Petitioners' allegation that these penalties violate the constitutional guarantee against excessive fines and cruel and
degrading punishment, has no merit. Penal sanctions are indispensable if the law is to be obeyed. They are the
"teeth" of the law. Without them, the law would be toothless, not worth the paper it is printed on, for physicians,
dentists and veterinarians may freely ignore its prescriptions and prohibitions. The penalty of suspension or
cancellation of the physician's license is neither cruel, inhuman, or degrading. It is no different from the penalty of
suspension or disbarment that this Court inflicts on lawyers and judges who misbehave or violate the laws and the
Codes of Professional and Judicial Conduct.
We hold that the Generics Act and the implementing administrative orders of the Secretary of Health are
constitutional. In light of its beneficial provisions, we cannot heed the petitioners' plea to kill it aborning, i.e., before it
has had a chance to prove its value to our people as envisioned by its makers.

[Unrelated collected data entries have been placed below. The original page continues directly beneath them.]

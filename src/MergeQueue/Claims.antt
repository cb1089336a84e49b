-- ===== src/MergeQueue/Claims.antt =====
-- Claims on queue rows: recovery, renewal, claiming, finalizing and release.
use open_tiger.Prelude.{
  ltb, leb, ◌==◌, if◌then◌else◌, length, is_empty, filterb, any, find_first, count_if, ltb_ℤ, eq_ℤ,
  ℕ, ◌+◌, String, Bool, false, not, ◌&&◌, ◌||◌, Option, none, some, List, [], ◌∷◌, ◌++◌,
}
use open_tiger.Store.{update_where}
use open_tiger.MergeQueue.Enqueue.{active_for}
use open_tiger.MergeQueue.Rows.{
  MergeQueueStatus, pending, processing, Row, claim_recovered, MergeEvent, MergeDb, is_pending,
  is_processing, is_active, same_number, same_text, at_most, unclaimed, MergeConfig,
  resolve_retry_delay_ms, resolve_claim_ttl_ms,
}

abbrev pub claim_expired : ℕ → Row → Bool
claim_expired now r = is_processing r.status && at_most r.claim_expires_at now

abbrev pub back_to_pending : MergeConfig → ℕ → Row → Row
back_to_pending c now r = record (unclaimed r) {
  status = pending;
  next_attempt_at = now + resolve_retry_delay_ms c;
  updated_at = now;
}

abbrev pub claim_recovered_events : List Row → List MergeEvent
claim_recovered_events [] = []
claim_recovered_events (r ∷ rs) =
    record { type = claim_recovered; entity_id = r.task_id; queue_id = r.id }
    ∷ claim_recovered_events rs

-- `inArray(prMergeQueue.id, ids)`
abbrev pub id_in : List Row → ℕ → Bool
id_in [] id = false
id_in (r ∷ rs) id = (r.id == id) || id_in rs id

-- The partial index pr_merge_queue_active_pr_unq against the update: whether it makes a row active
-- again whose pull request would then have two active rows. `rows'` are the rows it would leave.
abbrev pub reactivates : List Row → List Row → Row → Bool
reactivates expired rows' r =
    id_in expired r.id
    && (not (is_active r.status) && ltb 1 (count_if (active_for r.pr_number) rows'))

abbrev pub recovered_rows : MergeConfig → ℕ → List Row → List Row → List Row
recovered_rows c now expired rows =
    update_where (λ r. id_in expired r.id) (back_to_pending c now) rows

-- `between` is what others write between the select and the update, which goes by id alone. With
-- no number of rows the update has failed on the index, and the call throws.
unfoldable pub recover_expired_claims :
    MergeConfig → ℕ → (MergeDb → MergeDb) → MergeDb → MergeDb × Option ℕ
recover_expired_claims c now between db =
    let expired = filterb (claim_expired now) db.rows in
    let rows' = recovered_rows c now expired (between db).rows in
    if is_empty expired
    then (db, some 0)
    else if any (reactivates expired rows') (between db).rows
    then (between db, none)
    else (
      record (between db) {
        rows = rows';
        events = (between db).events ++ claim_recovered_events expired;
      },
      some (length expired),
    )

-- The conditions under which the holder of a claim may write its row.
abbrev pub held_by : ℕ → ℕ → String → Row → Bool
held_by queue_id token agent_id r =
    (r.id == queue_id)
    && (is_processing r.status
        && (same_text r.claim_owner agent_id && same_number r.claim_token token))

unfoldable pub renew_claim_lease :
    MergeConfig → ℕ → (queue_id token : ℕ) → String → MergeDb → MergeDb
renew_claim_lease c now queue_id token agent_id db = record db {
  rows =
      update_where (held_by queue_id token agent_id)
        (λ r. record r { claim_expires_at = some (now + resolve_claim_ttl_ms c); updated_at = now })
        db.rows;
}

abbrev pub due : ℕ → Row → Bool
due now r = is_pending r.status && leb r.next_attempt_at now

-- The order of the select: priority down, then next attempt, then creation.
unfoldable pub before : Row → Row → Bool
before a b =
    ltb_ℤ b.priority a.priority
    || (eq_ℤ a.priority b.priority
        && (ltb a.next_attempt_at b.next_attempt_at
            || ((a.next_attempt_at == b.next_attempt_at) && leb a.created_at b.created_at)))

abbrev pub first_of_two : Row → Option Row → Option Row
first_of_two r none = some r
first_of_two r (some b) = if before r b then some r else some b

-- `orderBy(…).limit(1)`
unfoldable pub first_row : List Row → Option Row
first_row [] = none
first_row (r ∷ rs) = first_of_two r (first_row rs)

abbrev pub claimed_by : MergeConfig → ℕ → ℕ → String → Row → Row
claimed_by c now token agent_id r = record r {
  status = processing;
  claim_owner = some agent_id;
  claim_token = some token;
  claimed_at = some now;
  claim_expires_at = some (now + resolve_claim_ttl_ms c);
  updated_at = now;
}

abbrev pub claimed_row : MergeConfig → ℕ → ℕ → String → Option Row → Option Row
claimed_row c now token agent_id none = none
claimed_row c now token agent_id (some r) = some (claimed_by c now token agent_id r)

abbrev pub claimable : ℕ → ℕ → Row → Bool
claimable now id r = (r.id == id) && due now r

-- The conditional update of a candidate, `none` when the row was lost to another.
unfoldable pub claim_by_id :
    MergeConfig → ℕ → String → (token id : ℕ) → MergeDb → MergeDb × Option Row
claim_by_id c now agent_id token id db = (
  record db { rows = update_where (claimable now id) (claimed_by c now token agent_id) db.rows },
  claimed_row c now token agent_id (find_first (claimable now id) db.rows),
)

-- One round: the select, what others do before the update, and the update. The answer is `none`
-- when no row is due, and else what the update answers.
unfoldable pub claim_round :
    MergeConfig
    → ℕ
    → String
    → (token : ℕ) → (MergeDb → MergeDb)
    → MergeDb
    → MergeDb × Option (Option Row)
unfolding first_row before claim_by_id
claim_round c now agent_id token between db = elim (first_row (filterb (due now) db.rows)) [
  | none ↦ (db, none)
  | some candidate ↦
      let claim = claim_by_id c now agent_id token candidate.id (between db) in
      (claim.0, some claim.1)
]

-- `claimNextPendingQueueItem`: at most as many rounds as `others` has entries, five in the source;
-- each entry is the token drawn and what others do in that round.
unfoldable pub claim_rounds :
    MergeConfig → ℕ → String → List (ℕ × (MergeDb → MergeDb)) → MergeDb → MergeDb × Option Row
claim_rounds c now agent_id [] db = (db, none)
claim_rounds c now agent_id ((token, between) ∷ others) db =
    let r = claim_round c now agent_id token between db in
    elim (r.1) [
      | none ↦ (r.0, none)
      | some (some claimed) ↦ (r.0, some claimed)
      | some none ↦ claim_rounds c now agent_id others r.0
    ]

unfoldable pub finalized :
    ℕ → MergeQueueStatus → (attempt_count next_attempt_at : ℕ) → Option String → Row → Row
finalized now status attempt_count next_attempt_at last_error r = record (unclaimed r) {
  status = status;
  attempt_count = attempt_count;
  next_attempt_at = next_attempt_at;
  last_error = last_error;
  updated_at = now;
}

unfoldable pub finalize_queue_item :
    ℕ
    → (queue_id token : ℕ) → String
    → MergeQueueStatus
    → (attempt_count next_attempt_at : ℕ) → Option String
    → MergeDb
    → MergeDb × Bool
unfolding finalized
finalize_queue_item now queue_id token agent_id status attempt_count next_attempt_at last_error db =
    (
      record db {
        rows =
            update_where (held_by queue_id token agent_id)
              (finalized now status attempt_count next_attempt_at last_error) db.rows;
      },
      any (held_by queue_id token agent_id) db.rows,
    )

abbrev pub owned_processing : String → Row → Bool
owned_processing owner r = is_processing r.status && same_text r.claim_owner owner

unfoldable pub release_merge_queue_claims_by_owner :
    MergeConfig → ℕ → String → MergeDb → MergeDb × ℕ
release_merge_queue_claims_by_owner c now owner db = (
  record db { rows = update_where (owned_processing owner) (back_to_pending c now) db.rows },
  length (filterb (owned_processing owner) db.rows),
)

WHEREFORE, the petition is dismissed for lack of merit. Costs against the petitioners.
SO ORDERED.
Fernan, C.J., Narvasa, Cruz, Paras, Feliciano, Gancayco, Padilla, Bidin, Sarmiento, Cortes, Medialdea and
Regalado, JJ., concur.
Melencio-Herrera, J., concurs in the result.
Separate Opinions
Separate Opinions
Gutierrez, Jr., J., concurring:
I concur in the result only because of the failure to overcome the presumption of constitutionality and not because
the respondent's arguments are valid.